Score matching aims to learn parameters theta for s_t_theta(x) that approximate the marginal score ∇_x log p(x_t).

  • Natural loss: expected squared error between s_t_theta and the marginal score.
  • The marginal loss is intractable for the same reasons as in flow matching, but a conditional denoising score (∇_x log p(x_t z)) is often analytically available and serves as a tractable surrogate.

A key theorem analogous to flow matching: the marginal score-matching loss equals the denoising surrogate up to a theta-independent constant, so minimizing the tractable denoising loss yields the correct marginal score in the limit of perfect optimization.


Gaussian conditional path yields a denoising objective that predicts noise

For Gaussian conditional paths with x = alpha_t z + beta_t epsilon, the denoising-score-matching target simplifies:

  • predict the noise scaled by 1 / beta_t, or equivalently predict epsilon after appropriate reweighting.

Concrete training procedure:

  1. sample z and epsilon,
  2. form x = alpha_t z + beta_t epsilon,
  3. input (t, x) to the score network, and
  4. regress the network output to the appropriate scaled-noise term.
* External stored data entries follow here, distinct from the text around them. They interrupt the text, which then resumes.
-- ===== src/Wss/Reader.antt =====
-- transport_wss.go: the sections of a reader, of its handshake and of the pre-shared key.
use text.Mathlib.Text.{◌==◌ as str_eq}
use thalovant_go_sdk.Prelude.{
  ℕ, ◌-◌, ◌*◌, Bool, true, false, not, ◌&&◌, ◌||◌, Option, none, some, String, ltb, leb, ◌==◌,
  is_some, if◌then◌else◌,
}
use thalovant_go_sdk.Errors.{Err, err_hub_refused, is}
use thalovant_go_sdk.Telemetry.{fail}
use thalovant_go_sdk.Wss.{NoisePattern, xx, WssTransport, generation_current}

-- `handleRawMessage`: a frame decrypted.
unfoldable pub hear_frame : ℕ → WssTransport → WssTransport
hear_frame g t = if generation_current g t then record t { heard = true } else t

unfoldable pub handle_hello : ℕ → String → WssTransport → WssTransport
handle_hello g node t =
    if not (generation_current g t)
    then t
    else if not (is_some t.session) && not (is_some t.server_hello)
    then record t { server_hello = some node; node_id = node }
    else t

-- `startNoiseHandshake`: the handshake whose first message is made.
unfoldable pub start_handshake : ℕ → ℕ → NoisePattern → WssTransport → WssTransport
start_handshake g id p t =
    if generation_current g t
    then record t { noise_handshake = some (record { attempt = g; id = id }); pattern = some p }
    else t

-- `continueNoiseHandshake`, in its order: the last message of XX goes out, the session is made, the
-- link is up.
unfoldable pub mark_final : ℕ → WssTransport → WssTransport
mark_final g t = if generation_current g t then record t { final_sent = true } else t

unfoldable pub make_session : ℕ → ℕ → WssTransport → WssTransport
make_session g id t =
    if generation_current g t
    then record t { session = some (record { attempt = g; id = id }); noise_handshake = none }
    else t

unfoldable pub bring_up : ℕ → ℕ → WssTransport → WssTransport
bring_up g now t =
    if not (generation_current g t)
    then t
    else if t.handshake
    then t
    else record t { handshake = true; handshake_at = now; handshake_ready = false }

abbrev pub close_code_grace : ℕ
close_code_grace = 250 * 1000000

abbrev pub default_hub_settle : ℕ
default_hub_settle = 750 * 1000000

abbrev pub refusal_close_code : ℕ → Bool
refusal_close_code code = code == 1000 || code == 1005 || code == 1008

unfoldable pub close_refuses : ℕ → Bool → ℕ → ℕ → Bool → Bool
close_refuses code during_handshake after_handshake code_late after_authenticated_frame =
    if after_authenticated_frame || not (refusal_close_code code) || ltb close_code_grace code_late
    then false
    else during_handshake || leb after_handshake default_hub_settle

abbrev pub is_xx : Option NoisePattern → Bool
is_xx (some xx) = true
is_xx _ = false

-- `time.Since(t.handshakeAt)`, `code` the close's or 0.
unfoldable pub read_refuses : Err → ℕ → ℕ → WssTransport → Bool
read_refuses e code now t =
    is e err_hub_refused || close_refuses code (not t.handshake) (now - t.handshake_at) 0 t.heard

unfoldable pub read_rejects : Err → ℕ → ℕ → WssTransport → Bool
read_rejects e code now t =
    read_refuses e code now t
    && is_xx t.pattern
    && t.final_sent
    && not t.heard
    && not (is e err_hub_refused)

unfoldable pub record_read_failure : ℕ → Err → ℕ → ℕ → WssTransport → WssTransport
record_read_failure g e code now t =
    if not (t.generation == g) || not t.connected then t else record t {
      last_error = some e;
      closed_refused = read_refuses e code now t;
      closed_key_rejected = read_rejects e code now t;
      connected = false;
      handshake = false;
      session = none;
      noise_handshake = none;
      connection = fail now (some e) t.connection;
    }

unfoldable pub signal_read_done : ℕ → WssTransport → WssTransport
signal_read_done g t = if t.generation == g then record t { read_done = false } else t

-- `pskForGeneration`: the key read or derived.
unfoldable pub keep_psk : ℕ → ℕ → String → String → WssTransport → WssTransport
keep_psk g psk node password t =
    if generation_current g t
    then record t {
      cached_psk = some psk;
      cached_psk_node_id = node;
      cached_psk_password = password;
    }
    else t

unfoldable pub forget_psk : String → WssTransport → WssTransport
forget_psk node t =
    if str_eq t.cached_psk_node_id node
    then record t { cached_psk = none; cached_psk_node_id = ""; cached_psk_password = "" }
    else t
This is the canonical denoising objective used in many diffusion implementations — the method learns to predict the corruption noise that turned z into x.


Numerical considerations and loss reparameterization for small noise levels

When beta_t is small (times near the final data endpoint), the scaled score target (noise divided by beta_t) can have very large magnitude and variance, causing numerical instability and high-variance gradients.

Practical fixes:

  • reparameterize the network to predict normalized noise (epsilon) directly (noise predictor), or
  • scale the loss with beta_t-dependent weights to stabilize gradients.

These numerical techniques preserve the theoretical equivalence while improving training stability and are standard in diffusion literature.


Relationship between vector-field and score parameterizations and literature context

For the Gaussian (denoising) conditional path both the conditional vector field and the conditional score are affine combinations of z and x with known coefficients, which implies:

  • algebraic convertibility between the vector-field parameterization and the score parameterization.

Consequences and context:

  • For denoising diffusion models one can train in either parameterization and convert the learned mapping post-hoc; early influential systems used score-only training because conversion to vector fields was possible.
  • The literature contains multiple equivalent formulations (discrete-time diffusion, time-reversed SDEs, stochastic interpolants, flow matching) that differ in conventions and numerical choices.
  • Practical implementations select among these formulations based on ease of integration, numerical stability, and sampling efficiency.